Endothelial function and blood pressure of bone marrow chimeras in chronic Ang II-dependent hypertension. Acetylcholine induced relaxation in carotid arteries from WT (CD45.1) to SOCS3^+/+ (A), SOCS3^+/− to SOCS3^+/− (B), SOCS3^+/− to WT (CD45.1) (C), and WT (CD45.1) to SOCS3^+/− (D) bone marrow chimeras systemically treated with vehicle or Ang II (1.4 mg/kg per day) for 14 days. *P < 0.05 vs. vehicle. E: acetylcholine-induced maximum relaxation in carotid arteries from WT (CD45.1) to SOCS3^+/+, SOCS3^+/− to WT (CD45.1), SOCS3^+/− to SOCS3^+/−, and SOCS3^+/− to WT (CD45.1) bone marrow chimeras treated systemically with vehicle or Ang II (1.4 mg/kg per day) for 14 days; n = 6, *P < 0.05 vs. vehicle.
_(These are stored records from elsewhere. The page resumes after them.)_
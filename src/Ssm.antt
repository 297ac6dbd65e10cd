-- ===== src/Ssm.antt =====
-- packages/ssm-compiler/src: the parent ladder, the boundary fold, the snapshot and its orders.
pub mod Order
pub mod Fold
pub mod Ladder
pub mod Resolve
pub mod ReviewKey
pub mod Cycles
pub mod Snapshot
pub mod Tree
pub mod Plant
mod Tests
mod SnapshotTests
F: blood pressure of WT (CD45.1) to SOCS3^+/−, SOCS3^+/− to WT (CD45.1) bone marrow chimeras was measured on day 14 of Ang II (1.4 mg/kg per day) infusion; n = 6, *P < 0.05 vs. vehicle.

Fig. 11.

Endothelial function in bone marrow chimeras in response to local effects of Ang II. Acetylcholine induced relaxation in carotid arteries from WT (CD45.1) to SOCS3^+/+ (A), SOCS3^+/− to SOCS3^+/− (B), SOCS3^+/− to WT (CD45.1) (C), and WT (CD45.1) to SOCS3^+/− (D) bone marrow chimeras incubated with either vehicle or Ang II; n = 3, *P < 0.05 vs. vehicle.